**Task:**
Some entries follow. Reproduce exactly the lines starting at the one with "pub data ValueKind : Type 0 where" and stopping after the one with "pub record Attribute : Type 0 where".

Data supplied below:

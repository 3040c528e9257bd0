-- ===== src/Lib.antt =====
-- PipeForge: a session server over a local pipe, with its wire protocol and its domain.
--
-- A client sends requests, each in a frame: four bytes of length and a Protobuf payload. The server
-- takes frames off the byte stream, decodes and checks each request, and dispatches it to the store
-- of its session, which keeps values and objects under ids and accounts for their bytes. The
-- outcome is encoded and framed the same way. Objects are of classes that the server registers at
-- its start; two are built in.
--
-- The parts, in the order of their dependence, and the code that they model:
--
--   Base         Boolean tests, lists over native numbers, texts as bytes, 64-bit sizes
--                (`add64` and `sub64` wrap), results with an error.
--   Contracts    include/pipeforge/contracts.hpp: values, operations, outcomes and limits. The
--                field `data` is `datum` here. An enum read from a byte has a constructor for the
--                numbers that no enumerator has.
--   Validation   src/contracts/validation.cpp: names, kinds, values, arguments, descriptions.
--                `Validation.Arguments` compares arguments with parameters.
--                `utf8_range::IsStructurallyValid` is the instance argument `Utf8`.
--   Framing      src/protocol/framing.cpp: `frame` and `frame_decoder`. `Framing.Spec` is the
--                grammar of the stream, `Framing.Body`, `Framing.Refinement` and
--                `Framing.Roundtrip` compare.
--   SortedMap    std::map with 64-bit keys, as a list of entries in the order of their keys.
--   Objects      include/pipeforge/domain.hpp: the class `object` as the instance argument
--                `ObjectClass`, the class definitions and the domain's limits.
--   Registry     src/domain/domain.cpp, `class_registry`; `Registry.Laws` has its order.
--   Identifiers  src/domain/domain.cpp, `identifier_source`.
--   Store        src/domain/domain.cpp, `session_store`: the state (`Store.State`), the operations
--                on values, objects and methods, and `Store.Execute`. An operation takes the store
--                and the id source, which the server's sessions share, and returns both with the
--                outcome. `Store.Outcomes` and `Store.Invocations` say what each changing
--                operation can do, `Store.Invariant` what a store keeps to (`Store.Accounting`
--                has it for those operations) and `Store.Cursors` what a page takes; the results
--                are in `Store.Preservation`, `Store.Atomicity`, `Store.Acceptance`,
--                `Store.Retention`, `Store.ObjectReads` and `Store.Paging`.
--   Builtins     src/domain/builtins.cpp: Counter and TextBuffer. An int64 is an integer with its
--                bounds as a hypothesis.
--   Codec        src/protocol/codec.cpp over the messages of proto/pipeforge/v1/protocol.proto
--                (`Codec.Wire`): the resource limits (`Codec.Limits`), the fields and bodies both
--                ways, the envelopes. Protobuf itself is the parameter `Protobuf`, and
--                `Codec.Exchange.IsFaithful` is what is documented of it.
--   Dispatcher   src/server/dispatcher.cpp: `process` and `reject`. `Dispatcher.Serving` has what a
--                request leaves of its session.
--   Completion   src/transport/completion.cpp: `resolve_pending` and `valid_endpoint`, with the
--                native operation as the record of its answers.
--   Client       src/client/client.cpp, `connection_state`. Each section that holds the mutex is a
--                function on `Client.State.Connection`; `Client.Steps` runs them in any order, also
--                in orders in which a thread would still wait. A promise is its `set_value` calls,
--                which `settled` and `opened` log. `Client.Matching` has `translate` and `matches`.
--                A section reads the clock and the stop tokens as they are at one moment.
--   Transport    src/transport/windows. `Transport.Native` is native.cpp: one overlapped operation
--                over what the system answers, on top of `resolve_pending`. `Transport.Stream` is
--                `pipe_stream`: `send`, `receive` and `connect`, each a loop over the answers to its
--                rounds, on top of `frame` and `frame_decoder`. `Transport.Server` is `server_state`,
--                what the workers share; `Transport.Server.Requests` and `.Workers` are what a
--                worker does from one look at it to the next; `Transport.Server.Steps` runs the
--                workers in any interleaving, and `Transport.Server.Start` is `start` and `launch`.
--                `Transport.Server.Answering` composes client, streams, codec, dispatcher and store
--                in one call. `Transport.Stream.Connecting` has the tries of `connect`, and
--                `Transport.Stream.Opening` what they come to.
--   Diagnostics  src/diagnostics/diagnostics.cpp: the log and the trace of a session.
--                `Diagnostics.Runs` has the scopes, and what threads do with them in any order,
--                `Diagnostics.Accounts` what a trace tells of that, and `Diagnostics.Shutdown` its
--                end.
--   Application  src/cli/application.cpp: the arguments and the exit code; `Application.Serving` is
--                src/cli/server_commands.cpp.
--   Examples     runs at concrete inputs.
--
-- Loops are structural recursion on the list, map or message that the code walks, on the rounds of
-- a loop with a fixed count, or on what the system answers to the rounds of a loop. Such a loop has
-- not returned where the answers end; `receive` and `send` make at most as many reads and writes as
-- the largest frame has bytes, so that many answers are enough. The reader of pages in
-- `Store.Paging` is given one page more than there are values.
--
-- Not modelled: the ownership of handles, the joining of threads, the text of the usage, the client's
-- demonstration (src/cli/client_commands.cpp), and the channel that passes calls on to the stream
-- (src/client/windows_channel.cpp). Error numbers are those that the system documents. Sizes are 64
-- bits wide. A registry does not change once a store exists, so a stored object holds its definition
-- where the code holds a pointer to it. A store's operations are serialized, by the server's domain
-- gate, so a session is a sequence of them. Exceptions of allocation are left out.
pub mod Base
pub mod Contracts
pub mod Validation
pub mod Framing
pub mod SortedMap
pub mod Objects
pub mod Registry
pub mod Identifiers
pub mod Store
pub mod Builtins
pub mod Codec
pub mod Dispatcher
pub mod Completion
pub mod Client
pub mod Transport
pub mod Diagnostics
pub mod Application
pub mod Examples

End of Data supplied.
Data supplied below:

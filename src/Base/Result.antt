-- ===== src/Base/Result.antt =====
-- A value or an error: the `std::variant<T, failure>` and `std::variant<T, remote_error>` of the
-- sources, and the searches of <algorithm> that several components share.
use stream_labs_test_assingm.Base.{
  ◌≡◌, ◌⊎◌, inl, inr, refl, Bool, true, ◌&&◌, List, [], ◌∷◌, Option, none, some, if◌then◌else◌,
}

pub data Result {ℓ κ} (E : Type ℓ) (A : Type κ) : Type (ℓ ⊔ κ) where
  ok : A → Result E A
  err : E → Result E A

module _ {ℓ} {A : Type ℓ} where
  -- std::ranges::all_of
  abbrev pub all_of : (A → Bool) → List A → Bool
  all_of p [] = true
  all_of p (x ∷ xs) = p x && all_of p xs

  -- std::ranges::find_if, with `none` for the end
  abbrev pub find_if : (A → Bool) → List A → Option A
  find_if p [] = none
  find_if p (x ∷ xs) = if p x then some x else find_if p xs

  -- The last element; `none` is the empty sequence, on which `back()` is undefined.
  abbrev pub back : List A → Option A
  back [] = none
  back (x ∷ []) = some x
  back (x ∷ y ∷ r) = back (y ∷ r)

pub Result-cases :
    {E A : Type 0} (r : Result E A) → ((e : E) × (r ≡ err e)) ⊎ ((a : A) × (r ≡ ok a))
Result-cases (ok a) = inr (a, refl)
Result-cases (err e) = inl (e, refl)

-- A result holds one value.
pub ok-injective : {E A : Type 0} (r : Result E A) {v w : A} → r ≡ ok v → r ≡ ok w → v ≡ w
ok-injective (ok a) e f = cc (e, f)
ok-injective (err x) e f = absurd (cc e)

End of Data supplied.
Data supplied below:

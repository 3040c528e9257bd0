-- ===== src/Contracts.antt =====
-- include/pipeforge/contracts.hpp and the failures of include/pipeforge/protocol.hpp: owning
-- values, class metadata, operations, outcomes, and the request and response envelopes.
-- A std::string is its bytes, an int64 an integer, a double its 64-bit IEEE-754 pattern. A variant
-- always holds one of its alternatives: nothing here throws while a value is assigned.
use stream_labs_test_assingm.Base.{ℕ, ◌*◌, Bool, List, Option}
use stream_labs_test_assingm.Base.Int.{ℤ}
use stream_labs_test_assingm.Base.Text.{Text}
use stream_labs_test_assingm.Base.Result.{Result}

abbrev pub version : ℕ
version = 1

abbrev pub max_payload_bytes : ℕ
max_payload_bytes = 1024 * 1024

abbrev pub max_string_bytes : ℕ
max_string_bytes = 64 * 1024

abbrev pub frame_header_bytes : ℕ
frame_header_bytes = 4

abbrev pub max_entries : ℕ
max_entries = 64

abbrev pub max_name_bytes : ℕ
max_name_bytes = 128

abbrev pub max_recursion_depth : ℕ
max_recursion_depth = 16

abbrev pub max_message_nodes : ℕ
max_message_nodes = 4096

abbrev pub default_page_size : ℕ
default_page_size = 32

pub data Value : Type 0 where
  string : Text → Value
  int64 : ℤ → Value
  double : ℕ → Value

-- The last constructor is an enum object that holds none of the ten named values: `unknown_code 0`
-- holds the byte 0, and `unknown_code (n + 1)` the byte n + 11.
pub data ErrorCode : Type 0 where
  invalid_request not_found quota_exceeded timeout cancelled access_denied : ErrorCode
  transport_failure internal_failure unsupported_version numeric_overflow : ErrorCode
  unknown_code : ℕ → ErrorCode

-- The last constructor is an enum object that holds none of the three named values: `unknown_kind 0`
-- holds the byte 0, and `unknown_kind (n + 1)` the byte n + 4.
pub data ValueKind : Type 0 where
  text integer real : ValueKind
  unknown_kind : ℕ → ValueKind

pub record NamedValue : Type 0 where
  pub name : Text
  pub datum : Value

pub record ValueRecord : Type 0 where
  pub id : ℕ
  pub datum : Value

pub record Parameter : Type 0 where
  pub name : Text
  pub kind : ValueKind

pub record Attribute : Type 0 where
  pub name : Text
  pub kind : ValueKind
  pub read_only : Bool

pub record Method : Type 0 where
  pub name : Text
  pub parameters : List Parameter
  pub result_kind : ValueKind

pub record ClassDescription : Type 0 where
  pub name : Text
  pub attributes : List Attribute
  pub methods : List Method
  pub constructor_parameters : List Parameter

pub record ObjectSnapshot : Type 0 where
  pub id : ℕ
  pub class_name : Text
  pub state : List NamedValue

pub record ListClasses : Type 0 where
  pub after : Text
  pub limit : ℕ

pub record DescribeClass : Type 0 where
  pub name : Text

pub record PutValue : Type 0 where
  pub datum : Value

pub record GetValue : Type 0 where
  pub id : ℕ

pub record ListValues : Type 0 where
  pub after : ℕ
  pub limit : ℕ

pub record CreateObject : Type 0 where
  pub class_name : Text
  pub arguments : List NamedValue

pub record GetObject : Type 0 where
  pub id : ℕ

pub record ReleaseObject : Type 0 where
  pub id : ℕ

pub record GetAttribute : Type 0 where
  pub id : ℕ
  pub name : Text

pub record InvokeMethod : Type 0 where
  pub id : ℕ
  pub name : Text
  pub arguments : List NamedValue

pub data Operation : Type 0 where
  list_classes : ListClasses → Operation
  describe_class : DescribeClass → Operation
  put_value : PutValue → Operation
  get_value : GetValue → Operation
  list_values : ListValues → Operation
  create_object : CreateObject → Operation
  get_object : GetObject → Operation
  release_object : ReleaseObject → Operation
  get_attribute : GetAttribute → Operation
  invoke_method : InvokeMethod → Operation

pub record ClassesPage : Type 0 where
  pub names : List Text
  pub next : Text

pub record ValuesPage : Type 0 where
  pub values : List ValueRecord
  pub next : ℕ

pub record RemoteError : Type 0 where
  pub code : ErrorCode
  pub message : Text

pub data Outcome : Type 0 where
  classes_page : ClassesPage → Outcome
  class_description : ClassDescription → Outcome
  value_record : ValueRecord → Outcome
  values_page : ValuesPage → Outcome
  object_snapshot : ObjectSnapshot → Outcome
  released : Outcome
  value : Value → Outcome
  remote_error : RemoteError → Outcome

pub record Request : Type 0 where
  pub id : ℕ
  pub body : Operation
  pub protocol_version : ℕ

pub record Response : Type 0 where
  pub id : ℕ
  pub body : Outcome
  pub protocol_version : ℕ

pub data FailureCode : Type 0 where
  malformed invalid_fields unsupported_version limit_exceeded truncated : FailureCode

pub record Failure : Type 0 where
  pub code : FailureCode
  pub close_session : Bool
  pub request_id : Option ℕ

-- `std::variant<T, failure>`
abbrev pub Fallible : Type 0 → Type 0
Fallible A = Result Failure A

End of Data supplied.

**Task solution:**
pub data ValueKind : Type 0 where
  text integer real : ValueKind
  unknown_kind : ℕ → ValueKind

pub record NamedValue : Type 0 where
  pub name : Text
  pub datum : Value

pub record ValueRecord : Type 0 where
  pub id : ℕ
  pub datum : Value

pub record Parameter : Type 0 where
  pub name : Text
  pub kind : ValueKind

pub record Attribute : Type 0 where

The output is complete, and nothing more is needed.